Exercise brief:
Whenever a line below includes the string "Tests", show it.

Data supplied:
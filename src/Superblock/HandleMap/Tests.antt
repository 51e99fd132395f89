-- ===== src/Superblock/HandleMap/Tests.antt =====
-- The handle map at concrete inputs.
use mountpoint_s.Prelude.{◌≡◌, refl, [], ◌∷◌, none, some}
use mountpoint_s.Superblock.HandleMap.{
  active, inactive, InodeHandles, Operation, run, update, set_writer, try_add_reader,
  deactivate_reader,
}
use mountpoint_s.Superblock.HandleMap.Exclusive.{
  IsExclusive, Answered, run-IsExclusive, set_writer_alone,
}

abbrev paused : InodeHandles
paused = record { readers = (1, inactive) ∷ []; writer = none }

reader_gives_way :
    run
      ((Operation.add_reader, 7, 1) ∷ (Operation.pause_reader, 7, 1) ∷ (Operation.write, 7, 2) ∷ [])
      (λ k. none)
      7
    ≡ some (record { readers = []; writer = some (2, active) })
unfolding update try_add_reader deactivate_reader set_writer
reader_gives_way = refl

run-IsExclusive_example : IsExclusive (
    run
      ((Operation.add_reader, 7, 1) ∷ (Operation.pause_reader, 7, 1) ∷ (Operation.write, 7, 2) ∷ [])
      (λ k. none)
      7)
run-IsExclusive_example =
    run-IsExclusive
      ((Operation.add_reader, 7, 1) ∷ (Operation.pause_reader, 7, 1) ∷ (Operation.write, 7, 2) ∷ [])
      7

set_writer_alone_example : Answered (some paused) 2 (set_writer (some paused) 2)
set_writer_alone_example = set_writer_alone (some paused) 2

Response below:
filename src/Superblock/HandleMap/Tests.antt
-- ===== src/Superblock/HandleMap/Tests.antt =====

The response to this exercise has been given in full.